> [YOUR TASK] Your answer should be the lines below from the one with "dedupe-IsUnique (x ∷" to the one with "length-filter-lt y (z ∷ zs) (inr", both included, given again exactly and with nothing added.
[DATA EXTRACT]
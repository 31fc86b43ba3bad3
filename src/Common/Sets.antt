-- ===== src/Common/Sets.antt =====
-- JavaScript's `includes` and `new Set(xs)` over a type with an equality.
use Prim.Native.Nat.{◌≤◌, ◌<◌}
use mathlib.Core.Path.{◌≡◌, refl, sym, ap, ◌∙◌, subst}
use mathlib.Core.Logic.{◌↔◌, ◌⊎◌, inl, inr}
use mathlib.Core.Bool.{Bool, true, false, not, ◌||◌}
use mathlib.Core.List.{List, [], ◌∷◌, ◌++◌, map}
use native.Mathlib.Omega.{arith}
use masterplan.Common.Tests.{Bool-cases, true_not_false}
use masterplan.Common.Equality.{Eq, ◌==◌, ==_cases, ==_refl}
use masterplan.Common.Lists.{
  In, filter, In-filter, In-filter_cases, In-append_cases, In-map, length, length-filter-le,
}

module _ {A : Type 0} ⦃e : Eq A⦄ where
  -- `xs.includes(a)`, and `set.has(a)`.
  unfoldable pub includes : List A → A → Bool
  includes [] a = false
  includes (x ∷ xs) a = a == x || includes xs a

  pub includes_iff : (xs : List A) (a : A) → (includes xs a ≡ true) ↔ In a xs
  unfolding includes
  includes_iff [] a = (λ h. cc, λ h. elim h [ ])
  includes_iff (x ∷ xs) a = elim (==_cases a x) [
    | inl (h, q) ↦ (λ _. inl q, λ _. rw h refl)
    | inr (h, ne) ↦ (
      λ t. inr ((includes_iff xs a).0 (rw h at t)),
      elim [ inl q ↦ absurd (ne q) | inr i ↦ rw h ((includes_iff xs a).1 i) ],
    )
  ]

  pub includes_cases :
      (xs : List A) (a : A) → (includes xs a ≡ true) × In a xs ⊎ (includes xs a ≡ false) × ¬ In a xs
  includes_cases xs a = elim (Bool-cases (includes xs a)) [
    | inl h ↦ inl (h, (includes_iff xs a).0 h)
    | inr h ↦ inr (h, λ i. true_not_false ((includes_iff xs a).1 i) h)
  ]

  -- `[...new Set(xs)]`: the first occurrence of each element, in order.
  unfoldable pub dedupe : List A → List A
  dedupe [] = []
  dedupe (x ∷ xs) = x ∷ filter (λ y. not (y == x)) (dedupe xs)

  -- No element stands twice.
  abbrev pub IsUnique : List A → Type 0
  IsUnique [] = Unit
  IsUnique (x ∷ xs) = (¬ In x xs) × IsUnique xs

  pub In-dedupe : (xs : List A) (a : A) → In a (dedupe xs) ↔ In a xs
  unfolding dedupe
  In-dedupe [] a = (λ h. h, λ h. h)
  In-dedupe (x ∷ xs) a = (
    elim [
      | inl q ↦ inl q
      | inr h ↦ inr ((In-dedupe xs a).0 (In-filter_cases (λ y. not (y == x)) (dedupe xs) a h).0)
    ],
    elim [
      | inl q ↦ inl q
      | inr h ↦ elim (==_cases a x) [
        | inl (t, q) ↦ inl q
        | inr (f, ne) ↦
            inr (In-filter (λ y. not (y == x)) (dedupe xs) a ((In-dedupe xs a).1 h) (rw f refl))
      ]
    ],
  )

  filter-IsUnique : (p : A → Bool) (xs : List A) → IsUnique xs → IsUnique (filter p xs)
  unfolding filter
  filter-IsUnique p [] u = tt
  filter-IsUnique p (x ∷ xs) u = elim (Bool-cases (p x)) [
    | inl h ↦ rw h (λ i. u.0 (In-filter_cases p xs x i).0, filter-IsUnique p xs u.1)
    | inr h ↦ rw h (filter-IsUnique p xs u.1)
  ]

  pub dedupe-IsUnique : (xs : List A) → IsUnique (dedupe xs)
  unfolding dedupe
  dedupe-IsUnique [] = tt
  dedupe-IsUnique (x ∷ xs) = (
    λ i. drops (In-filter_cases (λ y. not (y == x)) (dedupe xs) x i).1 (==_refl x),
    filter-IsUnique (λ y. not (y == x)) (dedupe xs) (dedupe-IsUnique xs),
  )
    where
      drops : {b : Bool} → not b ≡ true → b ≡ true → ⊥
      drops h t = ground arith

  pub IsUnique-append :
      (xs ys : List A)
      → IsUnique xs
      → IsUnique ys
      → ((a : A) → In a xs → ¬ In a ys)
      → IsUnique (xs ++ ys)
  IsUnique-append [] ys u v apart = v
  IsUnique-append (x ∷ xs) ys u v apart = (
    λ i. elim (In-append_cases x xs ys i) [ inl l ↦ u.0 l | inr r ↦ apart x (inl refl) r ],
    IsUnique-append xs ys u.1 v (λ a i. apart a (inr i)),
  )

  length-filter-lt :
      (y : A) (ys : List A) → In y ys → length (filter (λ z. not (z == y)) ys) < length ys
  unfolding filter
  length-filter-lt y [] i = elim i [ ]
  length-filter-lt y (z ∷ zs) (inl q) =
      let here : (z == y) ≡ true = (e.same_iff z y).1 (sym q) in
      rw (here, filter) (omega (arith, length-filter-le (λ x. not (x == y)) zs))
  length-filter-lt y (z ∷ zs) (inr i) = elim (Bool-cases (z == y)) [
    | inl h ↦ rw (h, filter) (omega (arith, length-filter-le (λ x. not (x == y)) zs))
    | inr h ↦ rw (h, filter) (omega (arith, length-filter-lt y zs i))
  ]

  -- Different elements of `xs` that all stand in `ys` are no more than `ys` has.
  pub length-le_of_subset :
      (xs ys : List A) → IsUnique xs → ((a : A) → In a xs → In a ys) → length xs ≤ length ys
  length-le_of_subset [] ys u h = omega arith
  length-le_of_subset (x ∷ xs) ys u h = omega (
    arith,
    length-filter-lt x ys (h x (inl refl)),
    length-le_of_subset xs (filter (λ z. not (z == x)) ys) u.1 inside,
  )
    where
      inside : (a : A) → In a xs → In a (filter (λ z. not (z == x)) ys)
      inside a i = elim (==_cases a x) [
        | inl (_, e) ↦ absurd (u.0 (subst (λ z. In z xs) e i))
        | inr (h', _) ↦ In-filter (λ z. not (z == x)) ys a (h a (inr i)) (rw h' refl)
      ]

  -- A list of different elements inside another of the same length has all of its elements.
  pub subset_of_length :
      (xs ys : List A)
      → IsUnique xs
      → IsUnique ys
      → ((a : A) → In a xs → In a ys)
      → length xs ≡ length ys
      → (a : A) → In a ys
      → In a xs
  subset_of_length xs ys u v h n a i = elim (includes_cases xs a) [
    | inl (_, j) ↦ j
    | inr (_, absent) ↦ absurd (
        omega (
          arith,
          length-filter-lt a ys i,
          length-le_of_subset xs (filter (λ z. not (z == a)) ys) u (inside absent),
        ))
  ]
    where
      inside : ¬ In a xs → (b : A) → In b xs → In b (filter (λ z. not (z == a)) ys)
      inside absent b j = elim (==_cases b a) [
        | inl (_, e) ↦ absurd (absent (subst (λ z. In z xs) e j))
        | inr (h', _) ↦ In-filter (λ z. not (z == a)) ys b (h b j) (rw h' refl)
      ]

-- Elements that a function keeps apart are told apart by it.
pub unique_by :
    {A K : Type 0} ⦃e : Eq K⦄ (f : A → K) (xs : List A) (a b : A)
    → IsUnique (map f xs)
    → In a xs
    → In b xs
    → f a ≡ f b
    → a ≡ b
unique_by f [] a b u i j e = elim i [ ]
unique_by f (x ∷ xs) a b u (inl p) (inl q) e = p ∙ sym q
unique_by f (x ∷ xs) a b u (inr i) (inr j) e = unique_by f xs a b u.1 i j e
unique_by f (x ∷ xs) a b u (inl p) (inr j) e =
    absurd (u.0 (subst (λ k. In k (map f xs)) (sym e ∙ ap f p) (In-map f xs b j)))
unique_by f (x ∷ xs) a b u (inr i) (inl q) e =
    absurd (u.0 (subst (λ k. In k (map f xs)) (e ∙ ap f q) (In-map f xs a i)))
[/DATA EXTRACT]
> [TASK OUTPUT]
  dedupe-IsUnique (x ∷ xs) = (
    λ i. drops (In-filter_cases (λ y. not (y == x)) (dedupe xs) x i).1 (==_refl x),
    filter-IsUnique (λ y. not (y == x)) (dedupe xs) (dedupe-IsUnique xs),
  )
    where
      drops : {b : Bool} → not b ≡ true → b ≡ true → ⊥
      drops h t = ground arith

  pub IsUnique-append :
      (xs ys : List A)
      → IsUnique xs
      → IsUnique ys
      → ((a : A) → In a xs → ¬ In a ys)
      → IsUnique (xs ++ ys)
  IsUnique-append [] ys u v apart = v
  IsUnique-append (x ∷ xs) ys u v apart = (
    λ i. elim (In-append_cases x xs ys i) [ inl l ↦ u.0 l | inr r ↦ apart x (inl refl) r ],
    IsUnique-append xs ys u.1 v (λ a i. apart a (inr i)),
  )

  length-filter-lt :
      (y : A) (ys : List A) → In y ys → length (filter (λ z. not (z == y)) ys) < length ys
  unfolding filter
  length-filter-lt y [] i = elim i [ ]
  length-filter-lt y (z ∷ zs) (inl q) =
      let here : (z == y) ≡ true = (e.same_iff z y).1 (sym q) in
      rw (here, filter) (omega (arith, length-filter-le (λ x. not (x == y)) zs))
  length-filter-lt y (z ∷ zs) (inr i) = elim (Bool-cases (z == y)) [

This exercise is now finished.